Arthur stopped counting and said, “Eleven.  There are eleven halos in this painting, but there are only ten in the sky.  His prescience was a bit off, don’t you think?”

Vernor smiled, taking a few steps to his side.  He grabbed Arthur’s hand and pointed it upwards.  “Do you see it?  Do you see what’s happening around that bright star?”

“My God, there is a dim halo around it now.  Vincent got it right!  But, how did you know?”

“My former colleague was researching light echo.  After coming across several references to how “Starry Night” stars looked like light echo, she became obsessed with learning about Van Gogh.  When she died of a heart attack, she left her notes to me.”

Arthur swung his head left and right.  “Still, how could she have predicted the exact moment of the eleventh star?”

“She didn’t.  Vincent did in a long-lost journal that she discovered.” 

“So what do we do now?”

Vernor smiled.  “Well, it’s more like what do you do now.  You’re an excellent climber, you know.” 

“You want me to climb something?”

“Yes.  Well, we both know why that is.”  Vernor thought back to the day when they were both kids standing on a balcony of the Tower of Pisa.  He just had to test gravity like Galileo did. 

Vernor continued.  “Van Gogh was thinking about this church when he painted the image of a chapel.  It seems to protect the town from a strange dark image.  I think there was a reason why he chose this place.”

“What does the dark thing represent?”

“Nobody knows.  But I think what drove Vincent insane was his vision of the end of the universe.  He writes about a mouth of darkness that will blot out everything.  Arthur, how many saints do you see depicted?”

Arthur counted them aloud.  “There are ten.”

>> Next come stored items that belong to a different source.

-- ===== src/Blocks/Disk/Format.antt =====
-- The device of filesystem-block-manager/test.cpp after `main` has formatted its groups.
use linux_cpp.Prelude.{
  ℕ, ◌+◌, ◌*◌, ◌≤◌, ◌<◌, ◌≡◌, ◌≢◌, inl, inr, refl, ap, ◌∙◌, Bool, true, Bool-cases, ne→==, lt→ltb,
  arith,
}
use linux_cpp.Blocks.{Words, set_bit}
use linux_cpp.Blocks.Disk.{
  State, super_block, group_start_block, put_block, read_block, write_block, sb_bread, put_descs,
  init_group_desc, init_block_bitmap, format_group, format, blank_state,
}
use linux_cpp.Blocks.Disk.Alloc.{view, read_block-view, read_block-keeps, read_block-i_data}
use linux_cpp.Blocks.Disk.Fill.{Ends, bind-Ends}

-- the bitmap of a group with its first four blocks in use
unfoldable pub first_bits : Words
first_bits = set_bit 3 (set_bit 2 (set_bit 1 (set_bit 0 (set_bit 0 (λ _. 0)))))

-- block `b` has become `ws`, and nothing else has changed that can be read
record Edited (s s' : State) (b : ℕ) (ws : Words) : Type 0 where
  here : view s' b ≡ ws
  elsewhere : (c : ℕ) → c ≢ b → view s' c ≡ view s c
  marked : s'.uptodate b ≡ true
  cached : s'.cache b ≡ ws
  keeps : (c : ℕ) → s.uptodate c ≡ true → s'.uptodate c ≡ true
  inode : s'.i_data ≡ s.i_data

write-Edited :
    (s : State) (b : ℕ) (ws : Words)
    → Edited s (write_block b (record s { cache = put_block s.cache b ws })) b ws
unfolding write_block
write-Edited s b ws = record {
  here = ground arith;
  elsewhere = λ c h. rw (ne→== c b h) refl;
  marked = ground arith;
  cached = ground arith;
  keeps = λ c h. ground (arith, h);
  inode = refl;
}

-- The two blocks of group `ngp` that `main` writes. `old` is what the first of them was.
record IsFormatted (s s' : State) (ngp : ℕ) : Type 0 where
  descs :
      (old : Words) × (view s' (group_start_block ngp + 1) ≡ put_descs 4 (super_block ngp) 0 old)
  bits : view s' (ngp * 256 + 2) ≡ first_bits
  elsewhere : (c : ℕ) → c ≢ group_start_block ngp + 1 → c ≢ ngp * 256 + 2 → view s' c ≡ view s c
  marked : s'.uptodate (group_start_block ngp + 1) ≡ true
  keeps : (c : ℕ) → s.uptodate c ≡ true → s'.uptodate c ≡ true
  inode : s'.i_data ≡ s.i_data

next_block : (n : ℕ) → n + 0 + 1 ≢ n + 2
next_block n = λ e. absurd (omega (arith, e))

format_group-IsFormatted :
    (ngp : ℕ) (s : State)
    → ngp < 4
    → ((ws : Words) → put_descs 4 (super_block ngp) 0 ws (4 * ngp) ≡ ngp * 256 + 2)
    → Ends (λ _ s'. IsFormatted s s' ngp) ⊥ (format_group ngp s)
unfolding format_group super_block sb_bread init_group_desc init_block_bitmap first_bits
format_group-IsFormatted ngp s l e =
    let s1 = read_block (ngp * 256 + 0 + 0) s in
    let gdb = ngp * 256 + 0 + 1 in
    let s2 = read_block gdb s1 in
    let ws = put_descs 4 (super_block ngp) 0 (s2.cache gdb) in
    let s3 = write_block gdb (record s2 { cache = put_block s2.cache gdb ws }) in
    let w3 = write-Edited s2 gdb ws in
    let at_bitmap : s3.cache gdb (4 * ngp) ≡ ngp * 256 + 2 =
      ap (λ (x : Words). x (4 * ngp)) w3.cached ∙ e (s2.cache gdb) in
    let s4 = read_block (ngp * 256 + 2) s3 in
    let w5 = write-Edited s4 (ngp * 256 + 2) first_bits in
    rw
      (
        lt→ltb (ngp * 256 + 0 + 0) 1024 (omega arith),
        lt→ltb gdb 1024 (omega arith),
        at_bitmap,
        lt→ltb (ngp * 256 + 2) 1024 (omega arith),
      )
      (record {
        descs = (
          s2.cache gdb,
          w5.elsewhere gdb (next_block (ngp * 256))
              ∙ read_block-view (ngp * 256 + 2) s3 gdb
              ∙ w3.here,
        );
        bits = w5.here;
        elsewhere = λ c h h'.
            w5.elsewhere c h'
            ∙ read_block-view (ngp * 256 + 2) s3 c
            ∙ w3.elsewhere c h
            ∙ read_block-view gdb s1 c
            ∙ read_block-view (ngp * 256 + 0 + 0) s c;
        marked = w5.keeps gdb (read_block-keeps (ngp * 256 + 2) s3 gdb w3.marked);
        keeps = λ c h. w5.keeps c (
            read_block-keeps (ngp * 256 + 2) s3 c (
              w3.keeps c (read_block-keeps gdb s1 c (read_block-keeps (ngp * 256 + 0 + 0) s c h))));
        inode =
            w5.inode
            ∙ read_block-i_data (ngp * 256 + 2) s3
            ∙ w3.inode
            ∙ read_block-i_data gdb s1
            ∙ read_block-i_data (ngp * 256 + 0 + 0) s;
      })

-- what a new file finds
pub record IsNew (s : State) : Type 0 where
  pub desc : view s 1 0 ≡ 2
  pub read : s.uptodate 1 ≡ true
  pub bitmap : view s 2 ≡ first_bits
  pub zeros : (c : ℕ) → 22 ≤ c → c < 192 → view s c ≡ (λ _. 0)
  pub no_entry : s.i_data ≡ (λ _. 0)

blank-view : (u : ℕ → Bool) (c : ℕ) → view (blank_state u) c ≡ (λ _. 0)
unfolding blank_state
blank-view u c = elim (Bool-cases (u c)) [ inl e ↦ rw e refl | inr e ↦ rw e refl ]

-- group 0, and then any other group
first-IsNew : (u : ℕ → Bool) (s : State) → IsFormatted (blank_state u) s 0 → IsNew s
unfolding put_descs super_block blank_state
first-IsNew u s f =
    let (old, e) = f.descs in
    record {
      desc = ap (λ (w : Words). w 0) e;
      read = f.marked;
      bitmap = f.bits;
      zeros = λ c l h.
          f.elsewhere c (λ q. absurd (omega (arith, l, q))) (λ q. absurd (omega (arith, l, q)))
          ∙ blank-view u c;
      no_entry = f.inode;
    }

later-IsNew : (ngp : ℕ) (s s' : State) → 0 < ngp → IsNew s → IsFormatted s s' ngp → IsNew s'
later-IsNew ngp s s' p v f = record {
  desc =
      ap (λ (w : Words). w 0)
        (f.elsewhere 1 (λ q. absurd (omega (arith, p, q))) (λ q. absurd (omega (arith, p, q))))
      ∙ v.desc;
  read = f.keeps 1 v.read;
  bitmap =
      f.elsewhere 2 (λ q. absurd (omega (arith, p, q))) (λ q. absurd (omega (arith, p, q)))
      ∙ v.bitmap;
  zeros = λ c l h.
      f.elsewhere c (λ q. absurd (omega (arith, p, h, q))) (λ q. absurd (omega (arith, p, h, q)))
      ∙ v.zeros c l h;
  no_entry = f.inode ∙ v.no_entry;
}

pub format-IsNew : (u : ℕ → Bool) → Ends (λ _ s. IsNew s) ⊥ (format 4 0 (blank_state u))
unfolding format put_descs super_block
format-IsNew u =
    bind-Ends _ _ _ _ (format_group 0 (blank_state u)) _
      (format_group-IsFormatted 0 (blank_state u) (omega arith) (λ ws. refl))
      (λ _ s0 f0.
        bind-Ends _ _ _ _ (format_group 1 s0) _
          (format_group-IsFormatted 1 s0 (omega arith) (λ ws. refl))
          (λ _ s1 f1.
            bind-Ends _ _ _ _ (format_group 2 s1) _
              (format_group-IsFormatted 2 s1 (omega arith) (λ ws. refl))
              (λ _ s2 f2.
                bind-Ends _ _ _ _ (format_group 3 s2) _
                  (format_group-IsFormatted 3 s2 (omega arith) (λ ws. refl))
                  (λ _ s3 f3.
                    later-IsNew 3 s2 s3 (omega arith)
                      (later-IsNew 2 s1 s2 (omega arith)
                        (later-IsNew 1 s0 s1 (omega arith) (first-IsNew u s0 f0) f1) f2)
                      f3)
                  (λ h. h))
              (λ h. h))
          (λ h. h))
      (λ h. h)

“And Christ, who sits in the middle of the tympanum, higher than them all, makes eleven.  Above him are his twelve apostles.  I need you to climb to the middle of the tympanum.”

Arthur giggled.  “What’s a tympanum?”

“The arch, climb up there quick.”

“I’ll be there in a minute.  But you better tell me what to do when I get there.”

Vernor watched Arthur grab hold of one of the columns alongside a statue on the left and pull himself up.  He got his feet up on a ledge and moved towards the middle of the portal, above the huge doors.  He stood at the tympanum, directly in front of the figure of Christ.

Arthur said loudly, “What now?”

“We wait.”

“What?  How long do I have to stand up here like this?”

Vernor walked closer to the portal.  “Something should happen soon.”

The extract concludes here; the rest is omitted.